→ **What you are asked to do**: The lines to be copied are those below that contain "FetchPorts".

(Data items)
▬▬▬▬▬▬

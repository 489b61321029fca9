-- ===== src/Stellar/Tests/Trees.antt =====
-- Runs of the tree's cache (packages/stellar/src/transact/merkle): a ledger of two leaves, of which
-- one is stored, and a package that counts its trees.
use mathlib.Core.Bool.{true≢false}
use mathlib.Core.Path.{subst}
use mathlib.Core.Logic.{◌≢◌}
use privacy_layer_confidenti.Stellar.Effects.{answered_inj, error_object}
use privacy_layer_confidenti.Base.{
  ℕ, suc, String, Option, none, some, List, [], ◌∷◌, ◌≡◌, refl, sym, ap, if◌then◌else◌, is_some,
  All, IsIn, Bool, true, false, inl, inr, ltb, ◌==◌, or_default, length, arith,
}
use privacy_layer_confidenti.Js.Text.{same_code}
use privacy_layer_confidenti.Core.Operations.{answered, raised, Action}
use privacy_layer_confidenti.Stellar.Merkle.Leaves.{TreeLeafLedgerEntry, LedgerKey}
use privacy_layer_confidenti.Stellar.Merkle.Reading.{
  Ledger, entry_at, IsAnswer, IsStored, IsReader, ledger_decimals,
}
use privacy_layer_confidenti.Stellar.Merkle.Cache.{CachedPoolMerkleView, load_commitments}
use privacy_layer_confidenti.Stellar.Merkle.Reuse.{load_commitments-ledger}
use privacy_layer_confidenti.Stellar.Merkle.Table.{get}
use privacy_layer_confidenti.Stellar.Merkle.Sessions.{
  StellarPoolMerkleState, MerkleSessions, MerkleTreeSession, remember_handle,
}
use privacy_layer_confidenti.Stellar.Merkle.Live.{IsSound, remember_handle-IsSound}
use privacy_layer_confidenti.Stellar.Merkle.Trees.{
  LeanImtSessionApi, MerkleSdkHost, World, bind_pool_merkle_tree,
}
use privacy_layer_confidenti.Stellar.Merkle.Kept.{
  IsFine, GivesNewHandles, HostGivesNew, bind_pool_merkle_tree-IsFine,
}
use privacy_layer_confidenti.Stellar.Merkle.Fetch.{
  PoolMerkleStatePort, FetchPorts, FetchContractMerkleResult, fetch_and_merge_merkle_state,
}
use privacy_layer_confidenti.Stellar.Merkle.Fetched.{
  StoresLedger, CountsLedger, fetch_and_merge_merkle_state-ledger,
}

-- Two contracts, of which one has two leaves.
abbrev leaf : String → ℕ → String
leaf contract_id index =
    if contract_id == "pool" then (if same_code index 0 then "aa" else "bb") else "cc"

abbrev ledger : Ledger
ledger = record { leaf = leaf; size = λ contract_id. if contract_id == "pool" then 2 else 0 }

abbrev as_decimal : String → String
as_decimal bytes = bytes

-- The reader leaves out what is not on the ledger, and takes no more than 200 keys.
abbrev with_stored : LedgerKey → Bool → List TreeLeafLedgerEntry → List TreeLeafLedgerEntry
with_stored k true entries = entry_at ledger k ∷ entries
with_stored k false entries = entries

unfoldable entries_for : List LedgerKey → List TreeLeafLedgerEntry
entries_for [] = []
entries_for (k ∷ keys) =
    with_stored k (ltb k.leaf_index (ledger.size k.contract_id)) (entries_for keys)

unfoldable answer_all : {W : Type 0} → List LedgerKey → Action W (List TreeLeafLedgerEntry)
unfolding entries_for
answer_all keys w = (
  if ltb 200 (length keys)
      then raised (error_object "too many keys")
      else answered (entries_for keys),
  w,
)

weaken_answers :
    (k : LedgerKey) (keys : List LedgerKey) (entries : List TreeLeafLedgerEntry)
    → All (IsAnswer ledger keys) entries
    → All (IsAnswer ledger (k ∷ keys)) entries
weaken_answers k keys [] h = tt
weaken_answers k keys (e ∷ entries) h =
    let (j, here, same) = h.0 in ((j, inr here, same), weaken_answers k keys entries h.1)

with_stored-asked :
    (k : LedgerKey) (keys : List LedgerKey) (b : Bool) (entries : List TreeLeafLedgerEntry)
    → All (IsAnswer ledger keys) entries
    → All (IsAnswer ledger (k ∷ keys)) (with_stored k b entries)
with_stored-asked k keys true entries h = ((k, inl refl, refl), weaken_answers k keys entries h)
with_stored-asked k keys false entries h = weaken_answers k keys entries h

entries_for-asked : (keys : List LedgerKey) → All (IsAnswer ledger keys) (entries_for keys)
unfolding entries_for
entries_for-asked [] = tt
entries_for-asked (k ∷ keys) =
    with_stored-asked k keys _ (entries_for keys) (entries_for-asked keys)

abbrev HasStored : List TreeLeafLedgerEntry → LedgerKey → Type 0
HasStored entries k = IsStored ledger k → IsIn (entry_at ledger k) entries

with_stored-IsIn :
    (k : LedgerKey) (b : Bool) (e : TreeLeafLedgerEntry) (entries : List TreeLeafLedgerEntry)
    → IsIn e entries
    → IsIn e (with_stored k b entries)
with_stored-IsIn k true e entries h = inr h
with_stored-IsIn k false e entries h = h

with_stored-HasStored :
    (k : LedgerKey) (b : Bool) (entries : List TreeLeafLedgerEntry) (keys : List LedgerKey)
    → All (HasStored entries) keys
    → All (HasStored (with_stored k b entries)) keys
with_stored-HasStored k b entries [] h = tt
with_stored-HasStored k b entries (j ∷ keys) h = (
  (λ stored. with_stored-IsIn k b _ entries (h.0 stored)),
  with_stored-HasStored k b entries keys h.1,
)

entries_for_complete : (keys : List LedgerKey) → All (HasStored (entries_for keys)) keys
unfolding entries_for
entries_for_complete [] = tt
entries_for_complete (k ∷ keys) = (
  (λ stored.
      let present : ltb k.leaf_index (ledger.size k.contract_id) ≡ true = ground arith in
      rw present (inl refl)),
  with_stored-HasStored k _ (entries_for keys) keys (entries_for_complete keys),
)

answer_all-IsReader : (W : Type 0) → IsReader ledger {W = W} answer_all
unfolding answer_all
answer_all-IsReader W = record {
  entries = λ keys w. entries_for keys;
  after = λ keys w. w;
  answers = λ keys w few. let fits : ltb 200 (length keys) ≡ false = ground arith in rw fits refl;
  asked = λ keys w. entries_for-asked keys;
  complete = λ keys w. entries_for_complete keys;
}

abbrev one_cached : Option CachedPoolMerkleView
one_cached =
    some (record {
      commitments = "aa" ∷ [];
      updated_at = 7;
      merkle_root_hex = some "ff";
      nodes = none;
    })

load_commitments-ledger_example :
    (w : Unit {0}) × (load_commitments answer_all as_decimal one_cached 2 "ff" "pool" tt
      ≡ (answered (ledger_decimals (leaf "pool") as_decimal 0 2), w))
unfolding ledger_decimals
load_commitments-ledger_example =
    load_commitments-ledger ledger as_decimal answer_all (answer_all-IsReader Unit) one_cached 2
      "ff" "pool" tt (omega arith) refl

-- No session, and one.
abbrev no_sessions : MerkleSessions
no_sessions = record { sessions_by_pool = []; handles_by_key = [] }

no_sessions-IsSound : IsSound 0 no_sessions
unfolding get
no_sessions-IsSound = record {
  known = λ key handle h. absurd (true≢false (sym (ap is_some h)));
  bounded = λ pool e h. absurd (true≢false (sym (ap is_some h)));
  alone = λ p q e f h k same. absurd (true≢false (sym (ap is_some h)));
}

abbrev one_session : MerkleSessions
one_session = remember_handle "pool" "1:old" 3 no_sessions

one_session-IsSound : IsSound 4 one_session
one_session-IsSound =
    (remember_handle-IsSound "pool" "1:old" 3 0 no_sessions no_sessions-IsSound (omega arith) 4
      (omega arith)).0

remember_handle-IsSound_example :
    IsSound 10 (remember_handle "pool" "2:new" 9 one_session)
    × ((e : MerkleTreeSession) (k : String)
        → get "pool" one_session.sessions_by_pool ≡ some e
        → get k (remember_handle "pool" "2:new" 9 one_session).handles_by_key ≢ some e.handle)
remember_handle-IsSound_example =
    remember_handle-IsSound "pool" "2:new" 9 4 one_session one_session-IsSound (omega arith) 10
      (omega arith)

-- The package's world is the next handle.
abbrev counting : LeanImtSessionApi ℕ
counting = record {
  import_lean_imt_from_state = λ state w. (answered w, suc w);
  insert_two_lean_imt = λ h a b w. (answered "root", w);
  export_lean_imt = λ h w. (answered [], w);
  drop_lean_imt = λ h w. (answered tt, w);
}

abbrev same_next : ℕ → ℕ
same_next w = w

answered_handle : (m n : ℕ) → answered m ≡ answered n → m ≡ n
answered_handle m n h = answered_inj h

counting-GivesNewHandles : GivesNewHandles same_next counting
counting-GivesNewHandles = record {
  new_handle = λ state w h e. let same = answered_handle w h e in (ground arith, ground arith);
  on_import = λ state w. omega arith;
  on_insert = λ h a b w. omega arith;
  on_export = λ h w. omega arith;
  on_drop = λ h w. omega arith;
}

abbrev counting_host : Option (MerkleSdkHost ℕ)
counting_host = some (record { get_initialized_sdk = some (λ w. (answered (some counting), w)) })

counting_host-GivesNew : HostGivesNew same_next counting_host
counting_host-GivesNew = ((λ w. omega arith), λ w. counting-GivesNewHandles)

abbrev two_leaves : StellarPoolMerkleState
two_leaves = record {
  pool_contract = "pool";
  commitments = "11" ∷ "12" ∷ [];
  commitment_count = 2;
  merkle_root_hex = "ff";
  updated_at = 7;
  synced_ledger = none;
  nodes = none;
}

bind_example : IsFine same_next (bind_pool_merkle_tree counting_host two_leaves (4, one_session)).1
bind_example =
    bind_pool_merkle_tree-IsFine same_next counting_host two_leaves (4, one_session)
      counting_host-GivesNew one_session-IsSound

-- The state that is stored of a pool has its contract's first leaf.
abbrev stored_first : String → StellarPoolMerkleState
stored_first pool = record {
  pool_contract = pool;
  commitments = leaf pool 0 ∷ [];
  commitment_count = 1;
  merkle_root_hex = "ff";
  updated_at = 5;
  synced_ledger = none;
  nodes = none;
}

abbrev port : Option (PoolMerkleStatePort (World ℕ))
port = some (record {
  get_state = λ pool v. (answered (some (stored_first pool)), v);
  set_state = λ state v. (answered tt, v);
})

abbrev fetch_ports : FetchPorts (World ℕ)
fetch_ports = record {
  create_pool_client = λ pool. record {
    get_commitment_count = λ v. (answered (some (ledger.size pool)), v);
    get_merkle_root = λ v. (answered "ee", v);
  };
  get_ledger_entries = answer_all;
  date_now = λ v. (answered 9, v);
}

port-StoresLedger : StoresLedger ledger as_decimal port
unfolding ledger_decimals
port-StoresLedger pool v state h =
    let same : stored_first pool ≡ state =
      ap (λ o. or_default o (stored_first pool)) (answered_inj h) in
    subst (λ s. s.commitments ≡ ledger_decimals (leaf pool) as_decimal 0 (length s.commitments))
      same refl

fetch_ports-CountsLedger : CountsLedger ledger fetch_ports
fetch_ports-CountsLedger pool v n h =
    let same : ledger.size pool ≡ n = ap (λ o. or_default o 0) (answered_inj h) in ground arith

abbrev fetched_two : FetchContractMerkleResult
fetched_two = record {
  commitment_count = 2;
  commitments = "aa" ∷ "bb" ∷ [];
  merkle_root_hex = "ee";
  updated_at = 9;
  nodes = none;
}

fetches_two :
    (fetch_and_merge_merkle_state none fetch_ports port as_decimal "pool" (4, one_session)).0
    ≡ answered fetched_two
unfolding fetch_and_merge_merkle_state answer_all
fetches_two = refl

fetch_example :
    (n : ℕ) × (((fetch_ports.create_pool_client "pool").get_commitment_count (4, one_session)).0
      ≡ answered (some n))
    × (fetched_two.commitments ≡ ledger_decimals (ledger.leaf "pool") as_decimal 0 n)
    × (fetched_two.commitment_count ≡ n)
fetch_example =
    fetch_and_merge_merkle_state-ledger ledger as_decimal none fetch_ports port
      (answer_all-IsReader _) port-StoresLedger fetch_ports-CountsLedger "pool" (4, one_session)
      fetched_two fetches_two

▬▬▬▬▬▬

→ **Result for this task**:
  PoolMerkleStatePort, FetchPorts, FetchContractMerkleResult, fetch_and_merge_merkle_state,
abbrev fetch_ports : FetchPorts (World ℕ)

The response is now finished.